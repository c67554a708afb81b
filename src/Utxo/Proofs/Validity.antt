-- ===== src/Utxo/Proofs/Validity.antt =====
-- The checks on a transaction against a description of the valid ones.
use rusty_coin.Common.{
  ℕ, ◌+◌, ◌-◌, ◌%◌, ◌≤◌, ◌<◌, true, false, List, [], ◌∷◌, none, some, ◌≡◌, ◌↔◌, arith, ap, ◌∙◌, ◌⊎◌,
  All,
}
use rusty_coin.Common.Words.{u64_mod, u64_max}
use rusty_coin.Types.Tx.{OutPoint, TxInput, TxOutput, Utxo}
use rusty_coin.Types.Transaction.{Transaction, get_inputs, get_outputs, get_lock_time, get_fee}
use rusty_coin.Script.Engine.{locktime_threshold}
use rusty_coin.Utxo.Set.{UtxoSet, get_utxo}
use rusty_coin.Utxo.Validate.{
  contains, is_immature, is_locked, sum_inputs, sum_outputs, validate_transaction_comprehensive,
}

-- The sums of the values, without wrap-around; an input that is not in the set counts nothing.
unfoldable pub output_value : List TxOutput → ℕ
output_value [] = 0
output_value (output ∷ outputs) = output.value + output_value outputs

unfoldable pub input_value : UtxoSet → List TxInput → ℕ
input_value s [] = 0
input_value s (input ∷ inputs) =
    elim (get_utxo input.previous_output s) [ none ↦ 0 | some utxo ↦ utxo.output.value ]
    + input_value s inputs

-- No outpoint of the inputs stands twice or among those given.
abbrev pub AreFresh : List OutPoint → List TxInput → Type 0
AreFresh spent [] = Unit {0}
AreFresh spent (input ∷ inputs) =
    (contains input.previous_output spent ≡ false) × AreFresh (input.previous_output ∷ spent) inputs

-- An input that a transaction of this lock time may spend at this height.
pub record IsSpendable (s : UtxoSet) (lock_time height maturity : ℕ) (input : TxInput)
    : Type 0 where
  pub utxo : Utxo
  pub is_unspent : get_utxo input.previous_output s ≡ some utxo
  pub is_mature :
      (height ≡ u64_max) ⊎ (utxo.is_coinbase ≡ false) ⊎ (maturity ≤ height - utxo.creation_height)
  pub is_unlocked : (height ≡ u64_max) ⊎ (500000000 ≤ lock_time) ⊎ (lock_time ≤ height)

-- What the checks amount to: inputs in the set, each once, mature and unlocked; no dust; and the
-- outputs with the fee at most the inputs, both modulo 2 ^ 64.
pub record IsValid (s : UtxoSet) (tx : Transaction) (height maturity dust : ℕ) : Type 0 where
  pub are_fresh : AreFresh [] (get_inputs tx)
  pub are_spendable : All (IsSpendable s (get_lock_time tx) height maturity) (get_inputs tx)
  pub no_dust : All (λ output. dust ≤ output.value) (get_outputs tx)
  pub is_balanced :
      (output_value (get_outputs tx) + get_fee tx) % u64_mod
      ≤ input_value s (get_inputs tx) % u64_mod

is_immature_iff :
    (utxo : Utxo) (height maturity : ℕ)
    → (is_immature utxo height maturity ≡ false) ↔ (
        (height ≡ u64_max)
        ⊎ (utxo.is_coinbase ≡ false)
        ⊎ (maturity ≤ height - utxo.creation_height))
unfolding is_immature
is_immature_iff utxo height maturity = ground arith

is_locked_iff :
    (lock_time height : ℕ)
    → (is_locked lock_time height ≡ false)
      ↔ ((height ≡ u64_max) ⊎ (locktime_threshold ≤ lock_time) ⊎ (lock_time ≤ height))
unfolding is_locked
is_locked_iff lock_time height = ground arith

-- One input passed by the loop.
pub sum_inputs_cons :
    (s : UtxoSet) (lock_time height maturity total r : ℕ) (spent : List OutPoint) (input : TxInput)
    (inputs : List TxInput)
    → sum_inputs s lock_time height maturity spent total (input ∷ inputs) ≡ some r
    → (utxo : Utxo) × (get_utxo input.previous_output s ≡ some utxo)
      × (contains input.previous_output spent ≡ false)
      × (is_immature utxo height maturity ≡ false)
      × (is_locked lock_time height ≡ false)
      × (sum_inputs s lock_time height maturity
            (input.previous_output ∷ spent)
            ((total + utxo.output.value) % u64_mod)
            inputs
          ≡ some r)
unfolding sum_inputs
sum_inputs_cons s lock_time height maturity total r spent input inputs h = ground arith

sum_inputs_of :
    (s : UtxoSet) (lock_time height maturity total r : ℕ) (spent : List OutPoint) (input : TxInput)
    (inputs : List TxInput) (utxo : Utxo)
    → get_utxo input.previous_output s ≡ some utxo
    → contains input.previous_output spent ≡ false
    → is_immature utxo height maturity ≡ false
    → is_locked lock_time height ≡ false
    → sum_inputs s lock_time height maturity
        (input.previous_output ∷ spent)
        ((total + utxo.output.value) % u64_mod)
        inputs
      ≡ some r
    → sum_inputs s lock_time height maturity spent total (input ∷ inputs) ≡ some r
unfolding sum_inputs
sum_inputs_of s lock_time height maturity total r spent input inputs utxo g c i l h = ground arith

-- What the loop over the inputs passes: fresh spendable inputs, with their sum modulo 2 ^ 64.
pub sum_inputs_sound :
    (s : UtxoSet) (lock_time height maturity total r : ℕ) (spent : List OutPoint)
    (inputs : List TxInput)
    → total < u64_mod
    → sum_inputs s lock_time height maturity spent total inputs ≡ some r
    → AreFresh spent inputs
      × All (IsSpendable s lock_time height maturity) inputs
      × (r ≡ (total + input_value s inputs) % u64_mod)
unfolding sum_inputs input_value
sum_inputs_sound s lock_time height maturity total r spent [] b h = (tt, tt, ground arith)
sum_inputs_sound s lock_time height maturity total r spent (input ∷ inputs) b h =
    let (utxo, g, c, i, l, rest) =
      sum_inputs_cons s lock_time height maturity total r spent input inputs h in
    let ih =
      sum_inputs_sound s lock_time height maturity ((total + utxo.output.value) % u64_mod) r
        (input.previous_output ∷ spent) inputs (omega arith) rest in
    (
      (c, ih.0),
      (
        record {
          utxo = utxo;
          is_unspent = g;
          is_mature = (is_immature_iff utxo height maturity).0 i;
          is_unlocked = (is_locked_iff lock_time height).0 l;
        },
        ih.1,
      ),
      rw g (omega (arith, ih.2)),
    )

-- And it passes all of those.
pub sum_inputs_complete :
    (s : UtxoSet) (lock_time height maturity total : ℕ) (spent : List OutPoint)
    (inputs : List TxInput)
    → total < u64_mod
    → AreFresh spent inputs
    → All (IsSpendable s lock_time height maturity) inputs
    → sum_inputs s lock_time height maturity spent total inputs
      ≡ some ((total + input_value s inputs) % u64_mod)
unfolding sum_inputs input_value
sum_inputs_complete s lock_time height maturity total spent [] b f a = ap some (omega arith)
sum_inputs_complete s lock_time height maturity total spent (input ∷ inputs) b f a =
    let u = a.0.utxo in
    sum_inputs_of s lock_time height maturity total _ spent input inputs u a.0.is_unspent f.0
      ((is_immature_iff u height maturity).1 a.0.is_mature)
      ((is_locked_iff lock_time height).1 a.0.is_unlocked)
      (sum_inputs_complete s lock_time height maturity ((total + u.output.value) % u64_mod)
          (input.previous_output ∷ spent) inputs (omega arith) f.1 a.1
        ∙ ap some (rw a.0.is_unspent (omega arith)))

pub sum_outputs_sound :
    (dust total r : ℕ) (outputs : List TxOutput)
    → total < u64_mod
    → sum_outputs dust total outputs ≡ some r
    → All (λ output. dust ≤ output.value) outputs × (r ≡ (total + output_value outputs) % u64_mod)
unfolding sum_outputs output_value
sum_outputs_sound dust total r [] b h = (tt, ground arith)
sum_outputs_sound dust total r (output ∷ outputs) b h =
    let (d, rest) : (dust ≤ output.value)
        × (sum_outputs dust ((total + output.value) % u64_mod) outputs ≡ some r) =
      ground arith in
    let ih =
      sum_outputs_sound dust ((total + output.value) % u64_mod) r outputs (omega arith) rest in
    ((d, ih.0), omega (arith, ih.1))

pub sum_outputs_complete :
    (dust total : ℕ) (outputs : List TxOutput)
    → total < u64_mod
    → All (λ output. dust ≤ output.value) outputs
    → sum_outputs dust total outputs ≡ some ((total + output_value outputs) % u64_mod)
unfolding sum_outputs output_value
sum_outputs_complete dust total [] b a = ap some (omega arith)
sum_outputs_complete dust total (output ∷ outputs) b a =
    let e : ((total + output.value) % u64_mod + output_value outputs) % u64_mod
        ≡ (total + (output.value + output_value outputs)) % u64_mod =
      omega arith in
    let ih =
      sum_outputs_complete dust ((total + output.value) % u64_mod) outputs (omega arith) a.1
      ∙ ap some e in
    let d : dust ≤ output.value = a.0 in ground (arith, d, ih)

module _ (s : UtxoSet) (tx : Transaction) (height maturity dust : ℕ) where
  -- Both loops pass a transaction that is accepted, with the sums that are compared.
  pub validate-sums :
      validate_transaction_comprehensive s tx height maturity dust ≡ true
      → (i : ℕ) × (o : ℕ) × (sum_inputs s (get_lock_time tx) height maturity [] 0 (get_inputs tx)
          ≡ some i)
        × (sum_outputs dust 0 (get_outputs tx) ≡ some o)
        × ((o + get_fee tx) % u64_mod ≤ i)
  unfolding validate_transaction_comprehensive
  validate-sums h = ground arith

  validate_of_sums :
      (i o : ℕ)
      → sum_inputs s (get_lock_time tx) height maturity [] 0 (get_inputs tx) ≡ some i
      → sum_outputs dust 0 (get_outputs tx) ≡ some o
      → (o + get_fee tx) % u64_mod ≤ i
      → validate_transaction_comprehensive s tx height maturity dust ≡ true
  unfolding validate_transaction_comprehensive
  validate_of_sums i o a b l = ground arith

  validate_sound :
      validate_transaction_comprehensive s tx height maturity dust ≡ true
      → IsValid s tx height maturity dust
  validate_sound h =
      let (i, o, a, b, l) = validate-sums h in
      let m =
        sum_inputs_sound s (get_lock_time tx) height maturity 0 i [] (get_inputs tx) (omega arith)
          a in
      let n = sum_outputs_sound dust 0 o (get_outputs tx) (omega arith) b in
      record {
        are_fresh = m.0;
        are_spendable = m.1;
        no_dust = n.0;
        is_balanced = omega (arith, m.2, n.1);
      }

  validate_complete :
      IsValid s tx height maturity dust
      → validate_transaction_comprehensive s tx height maturity dust ≡ true
  validate_complete v =
      validate_of_sums _ _
        (sum_inputs_complete s (get_lock_time tx) height maturity 0 [] (get_inputs tx) (omega arith)
          v.are_fresh v.are_spendable)
        (sum_outputs_complete dust 0 (get_outputs tx) (omega arith) v.no_dust)
        (omega (arith, v.is_balanced))

  -- The code accepts a transaction exactly if its inputs are in the set, each once; for each
  -- input the output is mature, and the lock time is reached if it is below 500,000,000 (at the height
  -- 2 ^ 64 - 1 neither is asked for); no output is dust, a data output included; and the outputs with the fee are
  -- at most the inputs, both sums taken modulo 2 ^ 64. Timestamps and sequences have no part in it.
  pub validate_transaction_comprehensive_iff :
      (validate_transaction_comprehensive s tx height maturity dust ≡ true)
      ↔ IsValid s tx height maturity dust
  validate_transaction_comprehensive_iff = (validate_sound, validate_complete)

○ ○ ○ ○ ○ ○ ○

Work order ▸
From the records above, transcribe exactly the run of lines that opens with the line holding "((is_immature_iff u height" and closes with the line holding "(dust total r", both included.

Finished task ▸
      ((is_immature_iff u height maturity).1 a.0.is_mature)
      ((is_locked_iff lock_time height).1 a.0.is_unlocked)
      (sum_inputs_complete s lock_time height maturity ((total + u.output.value) % u64_mod)
          (input.previous_output ∷ spent) inputs (omega arith) f.1 a.1
        ∙ ap some (rw a.0.is_unspent (omega arith)))

pub sum_outputs_sound :
    (dust total r : ℕ) (outputs : List TxOutput)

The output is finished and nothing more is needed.